No Venom, but we get the Symbiote instead? Sounds good to me.


----------



## 寫輪眼 (Feb 15, 2006)

Argh!...when is Carnage  going to appear...electro's sorta not so interesting ><"


----------



## crazymtf (Feb 15, 2006)

Electro is pretty pimp, if they follow the chracter he is also pretty funny!


----------



## Viciousness (Feb 16, 2006)

hope its true, cuz he definately didnt make sense as being cast for Venom. I hope that that wasnt a slip up on her part but they told her to say hed be playing venom at first just to mess with the reporters.
And Spidey getting the symbiote suit is how it should be.


----------



## TheVileOne (Feb 16, 2006)

Just because a 2 bit internet site says it doesn't mean its true.  Its all based off hearsay, I don't see any actual facts.

Also, the article even manages to screw up the name, there is no MARKO FLINT.  The Sandman is FLINT MARKO.

Bullshit.  Learn how to discern it.


----------



## Raptor (Feb 16, 2006)

寫輪眼 said:
			
		

> Argh!...when is Carnage  going to appear...electro's sorta not so interesting ><"



I'd bet my money on Venom in movie 4 and Carnage in movie 5.


----------



## TheVileOne (Feb 16, 2006)

I don't think Grace is Electro.  Not at all.


----------



## Seany (Feb 16, 2006)

We also need the man spider in a future movie!


----------



## RealaMoreno (Feb 16, 2006)

Although I REALLY want to see Venom, I like Venom more than any other spidey character, I honestly just hope they do the movie, character, and series justice. That's really what matters to me.


----------



## crazymtf (Feb 16, 2006)

Electro vs spider-man with probebly be a massive CGI fight which hopefully is better then Oct. vs spidy. OH by the way vile you can spell names backwards, my teacher does so i see nothing wrong with how he spelled the name  Plus everything is just shout outs, we won't know anything till a trailer or atleast some pictures.


----------



## BladeofTheChad (Feb 16, 2006)

Yes, when is there a trailer? I thought Spider-Man 3 was scheduled for Summer of 2006. Did they delay it?


----------



## crazymtf (Feb 16, 2006)

I think early 2007


----------



## TheVileOne (Feb 16, 2006)

Early May 2007.


----------



## Seany (Feb 16, 2006)

There should be a trailer a x-mas time


----------



## BladeofTheChad (Feb 16, 2006)

Too long of a wait...argh...oh well, hopefully X-Men 3 and Superman Returns keep me satisfied till then...

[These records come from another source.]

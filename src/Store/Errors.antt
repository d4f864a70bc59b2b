-- ===== src/Store/Errors.antt =====
-- The errors of crates/maxops-store/src/lib.rs, one for each message of `ensure!` and `eyre!`, and
-- `constraint` for a statement that the schema of crates/maxops-store/migrations refuses.
use maxops.Prelude.{◌%◌, ◌^◌, ℕ, ◌+◌, ◌⊎◌, inl, inr, ◌≡◌, refl, Result, ok, err, leb, if◌then◌else◌}
use maxops.Store.Db.{Db}

pub data StoreError : Type 0 where
  constraint sqlite_integer_range : StoreError
  invalid_idempotency_key invalid_principal invalid_host invalid_operation : StoreError
  invalid_spec_version invalid_policy_version spec_not_object : StoreError
  idempotency_conflict job_id_conflict job_not_found job_revision_changed : StoreError
  invalid_job_transition job_revision_overflow terminal_job invalid_cancel_reason : StoreError
  change_not_found change_revision_changed change_revision_overflow : StoreError
  invalid_change_creator invalid_change_transition : StoreError
  workflow_ownership_changed workflow_not_running change_owned_by_workflow : StoreError
  empty_resource invalid_list_limit invalid_change_limit : StoreError
  invalid_event_limit : StoreError
  invalid_repository_id invalid_workspace_executor invalid_base_commit : StoreError
  invalid_tree_hash invalid_commit_hash invalid_workspace_creator workspace_conflict : StoreError
  workspace_identity_changed workspace_not_found workspace_revision_changed : StoreError
  workspace_revision_overflow : StoreError
  invalid_event_source invalid_event_fingerprint invalid_event_host event_not_found : StoreError
  invalid_event_query empty_host_scope host_not_permitted event_cursor_expired : StoreError
  invalid_subscription_id subscription_not_found delivery_not_final delivery_not_found : StoreError
  invalid_remediation_attempt delivery_deadline_overflow invalid_delivery_attempts : StoreError
  no_remediation_attempts active_for_episode active_for_host : StoreError
  attempts_exhausted cooldown_active : StoreError
  outcome_not_terminal invalid_summary remediation_not_found : StoreError
  remediation_revision_changed remediation_terminal : StoreError
  empty_observation_key : StoreError

abbrev pub Outcome {ℓ} : Type ℓ → Type ℓ
Outcome A = Result StoreError A

-- `i64::MAX` and `u64::MAX`
abbrev pub i64_max : ℕ
i64_max = 9223372036854775807

abbrev pub u64_max : ℕ
u64_max = 18446744073709551615

abbrev pub u16_max : ℕ
u16_max = 65535

abbrev pub u32_max : ℕ
u32_max = 4294967295

-- `to_i64`
unfoldable pub to_i64 : ℕ → Outcome ℕ
to_i64 value = if leb value i64_max then ok value else err sqlite_integer_range

-- `revision + 1` on an `i64`, which a release build wraps around; the number is its 64 bits.
unfoldable pub wrapping_next : ℕ → ℕ
wrapping_next revision = (revision + 1) % 2 ^ 64

-- `revision.checked_add(1)`
unfoldable pub next_revision : StoreError → ℕ → Outcome ℕ
next_revision overflow revision =
    if leb (revision + 1) u64_max then ok (revision + 1) else err overflow

-- A transaction: an early return rolls it back; after the commit the result is read.
unfoldable pub transact {ℓ κ} :
    {A : Type ℓ} {B : Type κ} → Db → Outcome (Db × B) → (Db → B → Outcome A) → Db × Outcome A
transact db (err e) reply = (db, err e)
transact db (ok (db', b)) reply = (db', reply db' b)

-- What holds before a transaction and after each commit holds after the transaction.
pub transact_inv {ℓ κ μ} :
    {A : Type ℓ} {B : Type κ} (P : Db → Type μ) (db : Db) (r : Outcome (Db × B))
    (reply : Db → B → Outcome A)
    → P db
    → ((db' : Db) (b : B) → r ≡ ok (db', b) → P db')
    → P (transact db r reply).0
unfolding transact
transact_inv P db (err e) reply h k = h
transact_inv P db (ok (db', b)) reply h k = k db' b refl

-- A transaction whose reply cannot fail after a commit changes nothing when it fails.
pub transact_error {ℓ κ} :
    {A : Type ℓ} {B : Type κ} (db : Db) (r : Outcome (Db × B)) (reply : Db → B → Outcome A)
    → ((db' : Db) (b : B) → r ≡ ok (db', b) → (db' ≡ db) ⊎ ((a : A) × (reply db' b ≡ ok a)))
    → {e : StoreError} → (transact db r reply).1 ≡ err e
    → (transact db r reply).0 ≡ db
unfolding transact
transact_error db (err x) reply k h = refl
transact_error db (ok (db', b)) reply k h = elim (k db' b refl) [
  | inl same ↦ same
  | inr (a, q) ↦ cc (h, q)
]

-- A transaction that replies has committed, and replies from the tables that it committed.
pub transact_ok {ℓ κ} :
    {A : Type ℓ} {B : Type κ} (db : Db) (r : Outcome (Db × B)) (reply : Db → B → Outcome A) {a : A}
    → (transact db r reply).1 ≡ ok a
    → (db' : Db) × (b : B) × (r ≡ ok (db', b))
      × (reply db' b ≡ ok a)
      × ((transact db r reply).0 ≡ db')
unfolding transact
transact_ok db (err x) reply h = cc
transact_ok db (ok (db', b)) reply h = (db', b, refl, h, refl)
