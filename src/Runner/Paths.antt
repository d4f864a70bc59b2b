-- ===== src/Runner/Paths.antt =====
-- The tests on paths and the standard library's functions on them that
-- crates/maxops-executor/src/bin/maxops-deploy-runner.rs uses. A path is a text; `/` separates.
use Prim.Native.Char.{code}
use Prim.Native.String.{String}
use maxops.Prelude.{
  ℕ, ◌+◌, ◌*◌, ◌-◌, Bool, true, false, not, ◌&&◌, ◌||◌, leb, ◌==◌, Option, none, some, List, [],
  ◌∷◌, codes, all_codes, Result, ensure, if◌then◌else◌,
}
use maxops.Proto.Names.{is_empty}
use maxops.Store.Errors.{u64_max}

-- `char::is_whitespace`
abbrev is_whitespace : ℕ → Bool
is_whitespace c =
    leb 9 c && leb c 13
    || c == 32
    || c == 133
    || c == 160
    || c == 5760
    || leb 8192 c && leb c 8202
    || c == 8232
    || c == 8233
    || c == 8239
    || c == 8287
    || c == 12288

trim_start : String → String
trim_start String.[] = String.[]
trim_start (String.◌∷◌ c s) =
    let rest = trim_start s in if is_whitespace (code c) then rest else String.◌∷◌ c s

trim_end : String → String
trim_end String.[] = String.[]
trim_end (String.◌∷◌ c s) =
    let rest = trim_end s in
    if is_empty rest && is_whitespace (code c) then String.[] else String.◌∷◌ c rest

-- `str::trim`
unfoldable pub trim : String → String
unfolding trim_start trim_end
trim s = trim_end (trim_start s)

unfoldable pub starts_with : List ℕ → List ℕ → Bool
starts_with [] cs = true
starts_with (p ∷ ps) [] = false
starts_with (p ∷ ps) (c ∷ cs) = p == c && starts_with ps cs

unfoldable pub is_absolute : String → Bool
unfolding starts_with codes
is_absolute path = starts_with (b'/' ∷ []) (codes path)

add_to_first : ℕ → List (List ℕ) → List (List ℕ)
add_to_first c [] = (c ∷ []) ∷ []
add_to_first c (part ∷ parts) = (c ∷ part) ∷ parts

split_path : List ℕ → List (List ℕ)
unfolding add_to_first
split_path [] = [] ∷ []
split_path (c ∷ cs) =
    let rest = split_path cs in if c == b'/' then [] ∷ rest else add_to_first c rest

is_dot : List ℕ → Bool
is_dot (c ∷ []) = c == b'.'
is_dot _ = false

is_dot_dot : List ℕ → Bool
is_dot_dot (c ∷ d ∷ []) = c == b'.' && d == b'.'
is_dot_dot _ = false

no_parent : List (List ℕ) → Bool
unfolding is_dot_dot
no_parent [] = true
no_parent (part ∷ parts) = not (is_dot_dot part) && no_parent parts

-- `!is_absolute()` and every component is `Component::Normal`: a `.` counts only at the start.
all_normal : List (List ℕ) → Bool
unfolding is_dot no_parent
all_normal [] = true
all_normal (part ∷ parts) = not (is_dot part) && no_parent (part ∷ parts)

unfoldable pub is_plain_relative : String → Bool
unfolding all_normal split_path codes
is_plain_relative path = not (is_absolute path) && all_normal (split_path (codes path))

-- The last component, from the candidate found so far: empty ones and `.` are skipped.
last_component : List (List ℕ) → List ℕ → List ℕ
unfolding is_dot
last_component [] found = found
last_component ([] ∷ parts) found = last_component parts found
last_component ((c ∷ cs) ∷ parts) found =
    last_component parts (if is_dot (c ∷ cs) then found else c ∷ cs)

-- `Path::file_name`
unfoldable pub file_name : String → Option (List ℕ)
unfolding last_component split_path codes is_dot_dot
file_name path =
    let last = last_component (split_path (codes path)) [] in
    elim last [ [] ↦ none | (c ∷ cs) ↦ if is_dot_dot (c ∷ cs) then none else some (c ∷ cs) ]

-- The text before the last occurrence, the first half of `rsplit_once`.
before_last : List ℕ → List ℕ → Option (List ℕ)
unfolding starts_with
before_last pattern [] = none
before_last pattern (c ∷ cs) = elim (before_last pattern cs) [
  | some prefix ↦ some (c ∷ prefix)
  | none ↦ if starts_with pattern (c ∷ cs) then some [] else none
]

-- The text after the last occurrence of a character, the second half of `rsplit_once`.
after_last : ℕ → List ℕ → Option (List ℕ)
after_last separator [] = none
after_last separator (c ∷ cs) = elim (after_last separator cs) [
  | some rest ↦ some rest
  | none ↦ if c == separator then some cs else none
]

-- `checked_mul(10)` and `checked_add(digit)` of a `u64`
parse_digits : ℕ → List ℕ → Option ℕ
parse_digits value [] = some value
parse_digits value (c ∷ cs) =
    let next = value * 10 + (c - b'0') in
    let rest = parse_digits next cs in
    if leb b'0' c && leb c b'9' && leb next u64_max then rest else none

digits : List ℕ → Option ℕ
unfolding parse_digits
digits [] = none
digits (c ∷ cs) = parse_digits 0 (c ∷ cs)

-- `str::parse::<u64>`: one `+` may stand before the digits.
unfoldable pub parse_u64 : List ℕ → Option ℕ
unfolding digits
parse_u64 [] = none
parse_u64 (c ∷ cs) = if c == b'+' then digits cs else digits (c ∷ cs)

-- `profile_generation`, from what `read_link` has answered.
unfoldable pub generation_of : Option String → Option ℕ
unfolding file_name before_last after_last parse_u64 codes
generation_of none = none
generation_of (some link) = elim (file_name link) [
  | none ↦ none
  | some name ↦ elim (before_last (codes "-link") name) [
    | none ↦ none
    | some prefix ↦ elim (after_last b'-' prefix) [
      | none ↦ none
      | some generation ↦ parse_u64 generation
    ]
  ]
]

is_one_line : ℕ → Bool
is_one_line c = not (c == 10 || c == 13)

unfoldable pub ensure_store_path : String → Result String (Unit {0})
unfolding starts_with codes all_codes is_one_line is_absolute
ensure_store_path value =
    ensure
      (starts_with (codes "/nix/store/") (codes value)
        && all_codes is_one_line (codes value)
        && is_absolute value)
      "deployment result is not a Nix store path"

Also, WHERE THE FUCK IS THE FLASH MOVIE!?


----------



## TheVileOne (Feb 16, 2006)

X-men 3 will suck.

There was a lot of chatter about David Goyer writing and directing Flash starring Ryan Reynolds as Wally West, but all that seems to have died recently.


----------



## crazymtf (Feb 16, 2006)

Why must you state a opinion vile beforing seeing it? I don't say that about super-man yet i have a huge feelings it's coming to blow more then a hoe. Flash? Never even heard it was in the making.


----------



## TheVileOne (Feb 16, 2006)

crazymtf said:
			
		

> Why must you state a opinion vile beforing seeing it? I don't say that about super-man yet i have a huge feelings it's coming to blow more then a hoe. Flash? Never even heard it was in the making.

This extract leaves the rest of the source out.